Start of Exercise inputs

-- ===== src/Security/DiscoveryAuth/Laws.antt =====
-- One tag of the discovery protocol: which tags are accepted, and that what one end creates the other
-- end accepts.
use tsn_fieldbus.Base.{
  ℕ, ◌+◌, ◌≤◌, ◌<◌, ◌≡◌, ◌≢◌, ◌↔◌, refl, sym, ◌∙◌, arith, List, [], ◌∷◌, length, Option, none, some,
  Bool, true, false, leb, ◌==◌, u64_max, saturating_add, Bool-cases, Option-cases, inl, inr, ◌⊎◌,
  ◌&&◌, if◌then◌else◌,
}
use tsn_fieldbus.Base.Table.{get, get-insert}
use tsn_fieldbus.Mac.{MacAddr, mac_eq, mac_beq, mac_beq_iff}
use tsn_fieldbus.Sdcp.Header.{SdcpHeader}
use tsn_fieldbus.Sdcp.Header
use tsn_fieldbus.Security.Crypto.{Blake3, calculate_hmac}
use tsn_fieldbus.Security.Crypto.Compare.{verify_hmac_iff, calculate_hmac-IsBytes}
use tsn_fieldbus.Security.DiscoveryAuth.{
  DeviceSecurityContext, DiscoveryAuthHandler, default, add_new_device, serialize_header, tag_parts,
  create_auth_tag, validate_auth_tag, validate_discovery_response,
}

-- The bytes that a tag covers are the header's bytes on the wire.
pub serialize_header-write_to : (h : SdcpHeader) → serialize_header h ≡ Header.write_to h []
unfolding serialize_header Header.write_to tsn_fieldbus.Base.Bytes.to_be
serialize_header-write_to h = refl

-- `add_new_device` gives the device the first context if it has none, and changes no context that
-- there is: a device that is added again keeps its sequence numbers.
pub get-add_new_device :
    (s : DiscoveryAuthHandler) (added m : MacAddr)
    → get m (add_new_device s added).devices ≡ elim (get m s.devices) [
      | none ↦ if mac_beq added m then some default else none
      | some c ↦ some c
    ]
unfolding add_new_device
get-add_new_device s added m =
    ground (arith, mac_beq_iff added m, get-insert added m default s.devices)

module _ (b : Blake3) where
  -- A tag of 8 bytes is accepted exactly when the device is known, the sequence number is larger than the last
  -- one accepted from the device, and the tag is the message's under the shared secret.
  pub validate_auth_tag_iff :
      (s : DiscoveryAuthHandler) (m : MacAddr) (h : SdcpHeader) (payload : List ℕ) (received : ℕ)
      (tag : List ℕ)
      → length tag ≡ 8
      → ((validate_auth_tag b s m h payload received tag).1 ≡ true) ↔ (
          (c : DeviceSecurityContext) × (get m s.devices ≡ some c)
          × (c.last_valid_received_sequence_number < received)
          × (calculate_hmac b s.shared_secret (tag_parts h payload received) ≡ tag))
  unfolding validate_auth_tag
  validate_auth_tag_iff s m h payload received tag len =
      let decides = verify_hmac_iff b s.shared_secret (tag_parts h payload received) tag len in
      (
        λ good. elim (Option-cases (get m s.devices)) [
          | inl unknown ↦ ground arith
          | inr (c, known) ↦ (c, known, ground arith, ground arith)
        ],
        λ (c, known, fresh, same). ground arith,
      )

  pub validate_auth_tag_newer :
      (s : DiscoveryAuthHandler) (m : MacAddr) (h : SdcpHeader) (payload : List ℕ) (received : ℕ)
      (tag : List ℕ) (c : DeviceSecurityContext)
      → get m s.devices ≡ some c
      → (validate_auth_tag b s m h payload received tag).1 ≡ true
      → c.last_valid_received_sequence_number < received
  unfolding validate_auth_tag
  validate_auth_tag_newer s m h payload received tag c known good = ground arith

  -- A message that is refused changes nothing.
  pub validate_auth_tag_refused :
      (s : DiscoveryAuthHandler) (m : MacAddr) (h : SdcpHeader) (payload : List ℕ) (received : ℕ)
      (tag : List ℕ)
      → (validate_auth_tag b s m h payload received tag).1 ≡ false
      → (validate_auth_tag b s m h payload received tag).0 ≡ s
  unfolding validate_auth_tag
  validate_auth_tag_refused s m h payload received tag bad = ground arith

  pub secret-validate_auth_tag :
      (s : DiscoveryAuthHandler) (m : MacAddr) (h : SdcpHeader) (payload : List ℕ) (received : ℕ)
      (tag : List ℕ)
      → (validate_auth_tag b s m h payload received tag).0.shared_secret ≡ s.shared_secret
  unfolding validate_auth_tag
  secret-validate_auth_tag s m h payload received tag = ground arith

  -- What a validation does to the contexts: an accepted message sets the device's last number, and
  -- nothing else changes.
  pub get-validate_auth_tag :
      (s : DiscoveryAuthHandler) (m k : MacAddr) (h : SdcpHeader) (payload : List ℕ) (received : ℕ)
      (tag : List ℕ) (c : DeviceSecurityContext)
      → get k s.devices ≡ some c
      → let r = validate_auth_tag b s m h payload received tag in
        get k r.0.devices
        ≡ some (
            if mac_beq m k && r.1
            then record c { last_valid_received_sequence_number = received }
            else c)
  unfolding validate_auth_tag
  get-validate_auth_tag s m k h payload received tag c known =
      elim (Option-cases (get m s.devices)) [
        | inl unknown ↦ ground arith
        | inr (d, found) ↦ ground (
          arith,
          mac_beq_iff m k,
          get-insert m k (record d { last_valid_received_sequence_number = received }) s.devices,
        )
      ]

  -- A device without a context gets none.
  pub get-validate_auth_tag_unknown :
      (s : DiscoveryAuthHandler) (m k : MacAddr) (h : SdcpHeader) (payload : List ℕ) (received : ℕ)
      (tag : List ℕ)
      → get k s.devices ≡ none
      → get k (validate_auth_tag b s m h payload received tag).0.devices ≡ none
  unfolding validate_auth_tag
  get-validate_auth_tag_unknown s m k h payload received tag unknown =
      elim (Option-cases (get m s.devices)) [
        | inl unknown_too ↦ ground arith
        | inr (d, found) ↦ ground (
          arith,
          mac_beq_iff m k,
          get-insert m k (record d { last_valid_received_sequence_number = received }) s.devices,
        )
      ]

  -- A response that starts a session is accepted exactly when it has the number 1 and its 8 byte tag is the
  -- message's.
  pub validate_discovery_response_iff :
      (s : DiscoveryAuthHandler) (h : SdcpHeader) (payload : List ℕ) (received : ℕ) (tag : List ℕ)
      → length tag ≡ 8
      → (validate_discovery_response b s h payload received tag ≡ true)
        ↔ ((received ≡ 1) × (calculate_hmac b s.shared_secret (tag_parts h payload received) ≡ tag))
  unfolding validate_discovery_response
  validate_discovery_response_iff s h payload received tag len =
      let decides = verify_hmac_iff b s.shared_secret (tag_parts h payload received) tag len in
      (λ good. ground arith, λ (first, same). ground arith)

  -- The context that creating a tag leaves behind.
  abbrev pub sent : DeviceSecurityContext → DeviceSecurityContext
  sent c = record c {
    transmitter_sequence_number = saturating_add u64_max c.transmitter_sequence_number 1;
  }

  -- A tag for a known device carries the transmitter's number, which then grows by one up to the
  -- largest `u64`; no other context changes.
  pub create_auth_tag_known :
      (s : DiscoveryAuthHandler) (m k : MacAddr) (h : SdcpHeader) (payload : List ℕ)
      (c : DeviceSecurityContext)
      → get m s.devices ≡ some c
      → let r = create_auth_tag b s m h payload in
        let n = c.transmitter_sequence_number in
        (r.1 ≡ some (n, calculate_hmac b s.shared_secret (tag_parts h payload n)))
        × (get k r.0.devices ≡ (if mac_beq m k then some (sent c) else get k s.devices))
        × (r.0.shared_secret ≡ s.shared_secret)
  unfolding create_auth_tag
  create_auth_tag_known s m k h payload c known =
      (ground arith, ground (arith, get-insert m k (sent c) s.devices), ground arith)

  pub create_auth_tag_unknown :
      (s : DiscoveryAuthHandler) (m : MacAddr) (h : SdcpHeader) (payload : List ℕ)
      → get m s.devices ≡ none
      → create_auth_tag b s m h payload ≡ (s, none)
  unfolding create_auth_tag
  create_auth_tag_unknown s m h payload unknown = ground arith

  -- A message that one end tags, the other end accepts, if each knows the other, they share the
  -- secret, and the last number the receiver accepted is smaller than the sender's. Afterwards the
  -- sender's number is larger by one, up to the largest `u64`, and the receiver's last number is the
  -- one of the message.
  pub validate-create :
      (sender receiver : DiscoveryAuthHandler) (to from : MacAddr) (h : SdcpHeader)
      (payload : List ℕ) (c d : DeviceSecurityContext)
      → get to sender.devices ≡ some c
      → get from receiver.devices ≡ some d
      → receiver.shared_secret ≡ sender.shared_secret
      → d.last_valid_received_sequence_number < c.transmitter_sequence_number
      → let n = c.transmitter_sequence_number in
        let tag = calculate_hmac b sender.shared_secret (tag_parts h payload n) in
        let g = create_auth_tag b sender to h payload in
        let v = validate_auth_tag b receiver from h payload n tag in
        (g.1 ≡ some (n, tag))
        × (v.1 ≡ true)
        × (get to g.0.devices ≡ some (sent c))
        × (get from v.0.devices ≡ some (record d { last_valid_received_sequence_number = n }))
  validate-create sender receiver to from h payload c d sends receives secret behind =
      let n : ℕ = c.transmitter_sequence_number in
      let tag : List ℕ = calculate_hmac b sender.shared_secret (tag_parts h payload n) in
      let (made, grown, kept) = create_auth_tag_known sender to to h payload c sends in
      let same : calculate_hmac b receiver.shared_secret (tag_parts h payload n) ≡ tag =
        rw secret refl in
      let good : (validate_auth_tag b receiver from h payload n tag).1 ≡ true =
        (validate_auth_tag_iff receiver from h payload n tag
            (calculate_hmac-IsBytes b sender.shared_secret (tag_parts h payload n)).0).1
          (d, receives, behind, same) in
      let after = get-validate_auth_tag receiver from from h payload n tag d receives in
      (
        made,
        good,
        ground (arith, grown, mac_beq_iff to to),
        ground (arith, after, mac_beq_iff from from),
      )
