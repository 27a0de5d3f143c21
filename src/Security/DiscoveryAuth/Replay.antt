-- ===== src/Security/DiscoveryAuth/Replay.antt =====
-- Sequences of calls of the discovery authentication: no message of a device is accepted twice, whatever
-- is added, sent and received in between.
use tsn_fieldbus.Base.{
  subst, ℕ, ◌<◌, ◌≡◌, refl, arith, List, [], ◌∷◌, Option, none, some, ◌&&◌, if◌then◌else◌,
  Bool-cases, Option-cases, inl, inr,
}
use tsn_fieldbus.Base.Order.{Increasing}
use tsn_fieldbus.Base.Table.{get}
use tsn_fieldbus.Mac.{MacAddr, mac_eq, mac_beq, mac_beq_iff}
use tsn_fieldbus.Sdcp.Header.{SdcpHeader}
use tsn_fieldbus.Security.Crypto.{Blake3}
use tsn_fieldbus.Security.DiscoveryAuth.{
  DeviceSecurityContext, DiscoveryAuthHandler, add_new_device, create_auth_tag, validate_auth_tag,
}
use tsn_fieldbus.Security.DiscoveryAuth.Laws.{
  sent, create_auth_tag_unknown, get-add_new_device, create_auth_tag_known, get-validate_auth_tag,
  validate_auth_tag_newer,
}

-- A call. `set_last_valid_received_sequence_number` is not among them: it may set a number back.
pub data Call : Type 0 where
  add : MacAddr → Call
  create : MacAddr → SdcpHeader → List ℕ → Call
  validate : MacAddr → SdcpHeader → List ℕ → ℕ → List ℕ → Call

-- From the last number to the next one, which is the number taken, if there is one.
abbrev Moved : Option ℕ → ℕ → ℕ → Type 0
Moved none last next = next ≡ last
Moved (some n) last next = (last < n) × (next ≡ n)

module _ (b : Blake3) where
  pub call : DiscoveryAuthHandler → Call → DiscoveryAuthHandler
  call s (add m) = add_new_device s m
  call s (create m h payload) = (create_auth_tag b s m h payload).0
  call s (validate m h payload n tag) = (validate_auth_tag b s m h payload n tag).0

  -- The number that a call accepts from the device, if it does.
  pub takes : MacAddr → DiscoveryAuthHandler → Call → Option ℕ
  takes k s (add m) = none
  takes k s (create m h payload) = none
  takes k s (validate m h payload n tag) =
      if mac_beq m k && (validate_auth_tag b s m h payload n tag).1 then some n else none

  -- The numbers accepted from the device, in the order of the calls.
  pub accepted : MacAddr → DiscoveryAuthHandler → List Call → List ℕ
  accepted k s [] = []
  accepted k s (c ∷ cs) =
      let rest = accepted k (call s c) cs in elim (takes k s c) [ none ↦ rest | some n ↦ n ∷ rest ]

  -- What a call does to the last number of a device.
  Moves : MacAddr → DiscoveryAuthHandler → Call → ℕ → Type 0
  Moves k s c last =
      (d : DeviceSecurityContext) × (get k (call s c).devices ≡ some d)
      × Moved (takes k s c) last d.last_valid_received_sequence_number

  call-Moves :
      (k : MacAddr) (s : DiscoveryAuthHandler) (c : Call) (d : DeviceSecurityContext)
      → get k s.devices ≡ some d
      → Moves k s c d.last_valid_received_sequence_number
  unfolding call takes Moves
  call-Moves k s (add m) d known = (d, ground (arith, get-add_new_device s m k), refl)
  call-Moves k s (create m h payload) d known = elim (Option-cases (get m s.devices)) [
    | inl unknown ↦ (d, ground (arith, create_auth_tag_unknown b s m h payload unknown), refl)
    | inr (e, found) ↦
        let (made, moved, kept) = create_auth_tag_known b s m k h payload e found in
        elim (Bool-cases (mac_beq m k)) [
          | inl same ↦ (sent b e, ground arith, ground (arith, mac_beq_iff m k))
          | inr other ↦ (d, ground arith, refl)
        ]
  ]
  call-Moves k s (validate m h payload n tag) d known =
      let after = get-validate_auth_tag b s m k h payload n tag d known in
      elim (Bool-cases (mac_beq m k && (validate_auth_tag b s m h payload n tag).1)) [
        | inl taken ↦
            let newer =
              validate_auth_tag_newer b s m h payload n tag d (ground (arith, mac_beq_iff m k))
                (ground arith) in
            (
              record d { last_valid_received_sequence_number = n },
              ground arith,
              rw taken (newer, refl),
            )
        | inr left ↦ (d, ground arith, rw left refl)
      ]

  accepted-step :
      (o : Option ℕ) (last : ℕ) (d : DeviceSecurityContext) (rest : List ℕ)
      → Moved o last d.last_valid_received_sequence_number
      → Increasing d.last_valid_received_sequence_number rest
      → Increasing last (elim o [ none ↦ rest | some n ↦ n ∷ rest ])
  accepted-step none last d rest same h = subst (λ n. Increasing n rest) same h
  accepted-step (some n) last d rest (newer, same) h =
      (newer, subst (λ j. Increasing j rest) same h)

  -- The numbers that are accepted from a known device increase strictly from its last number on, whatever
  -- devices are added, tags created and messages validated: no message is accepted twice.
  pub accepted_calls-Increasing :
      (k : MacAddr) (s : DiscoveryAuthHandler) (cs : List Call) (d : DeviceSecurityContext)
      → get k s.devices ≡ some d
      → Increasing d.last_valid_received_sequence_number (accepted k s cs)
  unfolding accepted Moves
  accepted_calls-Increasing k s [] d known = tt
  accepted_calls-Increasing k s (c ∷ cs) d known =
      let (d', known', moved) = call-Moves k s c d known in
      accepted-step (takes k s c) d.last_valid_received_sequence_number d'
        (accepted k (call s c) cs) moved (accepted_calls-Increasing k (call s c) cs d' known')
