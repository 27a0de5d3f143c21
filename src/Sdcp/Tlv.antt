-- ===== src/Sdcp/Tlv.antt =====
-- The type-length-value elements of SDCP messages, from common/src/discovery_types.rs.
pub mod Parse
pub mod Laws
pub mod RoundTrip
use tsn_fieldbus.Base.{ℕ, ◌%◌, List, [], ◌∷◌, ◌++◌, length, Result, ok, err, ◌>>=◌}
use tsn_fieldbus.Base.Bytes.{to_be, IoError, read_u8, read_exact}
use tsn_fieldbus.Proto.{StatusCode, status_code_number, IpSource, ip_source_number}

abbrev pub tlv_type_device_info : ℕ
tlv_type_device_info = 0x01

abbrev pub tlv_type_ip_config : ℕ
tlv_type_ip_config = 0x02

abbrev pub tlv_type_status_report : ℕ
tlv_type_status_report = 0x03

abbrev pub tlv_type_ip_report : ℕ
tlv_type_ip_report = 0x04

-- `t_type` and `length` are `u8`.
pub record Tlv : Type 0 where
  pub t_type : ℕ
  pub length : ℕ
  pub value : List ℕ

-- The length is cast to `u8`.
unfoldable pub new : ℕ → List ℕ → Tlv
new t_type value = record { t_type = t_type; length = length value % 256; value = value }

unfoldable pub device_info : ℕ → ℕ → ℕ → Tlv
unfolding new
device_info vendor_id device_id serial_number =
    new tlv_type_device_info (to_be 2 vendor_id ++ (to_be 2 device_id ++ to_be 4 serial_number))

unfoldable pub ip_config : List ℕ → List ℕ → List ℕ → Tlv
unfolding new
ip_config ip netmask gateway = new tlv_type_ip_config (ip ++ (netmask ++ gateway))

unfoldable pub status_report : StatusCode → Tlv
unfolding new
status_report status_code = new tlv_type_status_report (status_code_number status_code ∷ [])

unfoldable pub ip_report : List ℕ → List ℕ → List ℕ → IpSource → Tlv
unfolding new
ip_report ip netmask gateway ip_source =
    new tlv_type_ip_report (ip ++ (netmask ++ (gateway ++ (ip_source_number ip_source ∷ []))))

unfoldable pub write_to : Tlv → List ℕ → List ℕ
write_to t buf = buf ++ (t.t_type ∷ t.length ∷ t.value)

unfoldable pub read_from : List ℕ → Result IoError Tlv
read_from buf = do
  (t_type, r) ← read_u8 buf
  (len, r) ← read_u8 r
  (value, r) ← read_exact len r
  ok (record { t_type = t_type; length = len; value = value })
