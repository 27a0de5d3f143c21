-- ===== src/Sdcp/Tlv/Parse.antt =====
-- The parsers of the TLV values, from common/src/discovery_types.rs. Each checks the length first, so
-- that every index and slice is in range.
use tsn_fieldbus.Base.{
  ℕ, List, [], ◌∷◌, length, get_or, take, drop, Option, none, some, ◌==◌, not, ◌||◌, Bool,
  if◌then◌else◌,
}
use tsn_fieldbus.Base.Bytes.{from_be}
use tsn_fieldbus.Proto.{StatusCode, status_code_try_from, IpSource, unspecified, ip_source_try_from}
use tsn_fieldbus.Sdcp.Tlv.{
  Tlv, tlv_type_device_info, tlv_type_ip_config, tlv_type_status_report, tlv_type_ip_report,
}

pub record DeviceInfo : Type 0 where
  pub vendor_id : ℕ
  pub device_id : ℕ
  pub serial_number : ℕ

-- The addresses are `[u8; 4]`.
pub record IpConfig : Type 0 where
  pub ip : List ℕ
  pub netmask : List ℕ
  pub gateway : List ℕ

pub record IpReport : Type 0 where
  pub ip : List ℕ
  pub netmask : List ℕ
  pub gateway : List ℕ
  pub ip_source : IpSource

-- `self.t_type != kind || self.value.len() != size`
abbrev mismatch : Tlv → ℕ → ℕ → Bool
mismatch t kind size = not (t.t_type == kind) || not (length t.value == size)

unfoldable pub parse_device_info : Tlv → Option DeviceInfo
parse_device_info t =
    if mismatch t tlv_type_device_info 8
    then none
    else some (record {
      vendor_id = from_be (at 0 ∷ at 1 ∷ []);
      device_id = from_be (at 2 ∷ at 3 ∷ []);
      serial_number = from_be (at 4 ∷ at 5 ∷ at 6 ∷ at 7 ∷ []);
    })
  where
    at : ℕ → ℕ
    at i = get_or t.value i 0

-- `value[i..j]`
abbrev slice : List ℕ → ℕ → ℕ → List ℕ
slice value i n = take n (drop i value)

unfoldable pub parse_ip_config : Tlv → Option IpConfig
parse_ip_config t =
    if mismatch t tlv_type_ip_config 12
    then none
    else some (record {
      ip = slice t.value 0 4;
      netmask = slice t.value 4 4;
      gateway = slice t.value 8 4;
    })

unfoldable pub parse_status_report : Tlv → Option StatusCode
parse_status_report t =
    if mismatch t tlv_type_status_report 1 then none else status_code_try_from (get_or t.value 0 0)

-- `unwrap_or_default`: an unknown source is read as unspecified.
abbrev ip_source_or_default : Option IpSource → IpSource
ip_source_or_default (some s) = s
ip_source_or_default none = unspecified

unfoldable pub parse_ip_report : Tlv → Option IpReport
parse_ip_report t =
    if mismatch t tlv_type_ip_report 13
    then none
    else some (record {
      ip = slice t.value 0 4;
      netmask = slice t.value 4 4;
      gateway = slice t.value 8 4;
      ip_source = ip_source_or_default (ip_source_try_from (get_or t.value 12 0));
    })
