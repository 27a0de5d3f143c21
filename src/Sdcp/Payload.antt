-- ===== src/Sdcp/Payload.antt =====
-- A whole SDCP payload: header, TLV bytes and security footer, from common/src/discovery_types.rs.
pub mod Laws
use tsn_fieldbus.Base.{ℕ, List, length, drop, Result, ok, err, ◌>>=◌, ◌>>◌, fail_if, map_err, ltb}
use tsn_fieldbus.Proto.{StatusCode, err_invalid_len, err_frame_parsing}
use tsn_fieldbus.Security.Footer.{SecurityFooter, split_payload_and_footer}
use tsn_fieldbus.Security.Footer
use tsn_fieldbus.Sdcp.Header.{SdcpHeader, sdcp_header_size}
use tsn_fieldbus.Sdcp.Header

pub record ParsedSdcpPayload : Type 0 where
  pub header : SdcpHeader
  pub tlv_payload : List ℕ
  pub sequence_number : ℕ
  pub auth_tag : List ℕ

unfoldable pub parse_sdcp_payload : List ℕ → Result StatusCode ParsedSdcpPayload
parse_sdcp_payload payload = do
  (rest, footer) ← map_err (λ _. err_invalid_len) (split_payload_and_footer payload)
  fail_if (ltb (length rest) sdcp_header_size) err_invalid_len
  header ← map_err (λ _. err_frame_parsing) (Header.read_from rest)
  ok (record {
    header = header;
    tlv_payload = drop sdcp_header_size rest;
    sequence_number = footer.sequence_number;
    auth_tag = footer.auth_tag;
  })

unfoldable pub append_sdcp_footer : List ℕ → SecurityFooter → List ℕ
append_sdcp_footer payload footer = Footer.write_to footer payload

End of Exercise inputs

◆ Requirement:
Every line above that holds the string "else" counts once; give the total and nothing more.

◆ Task response:
12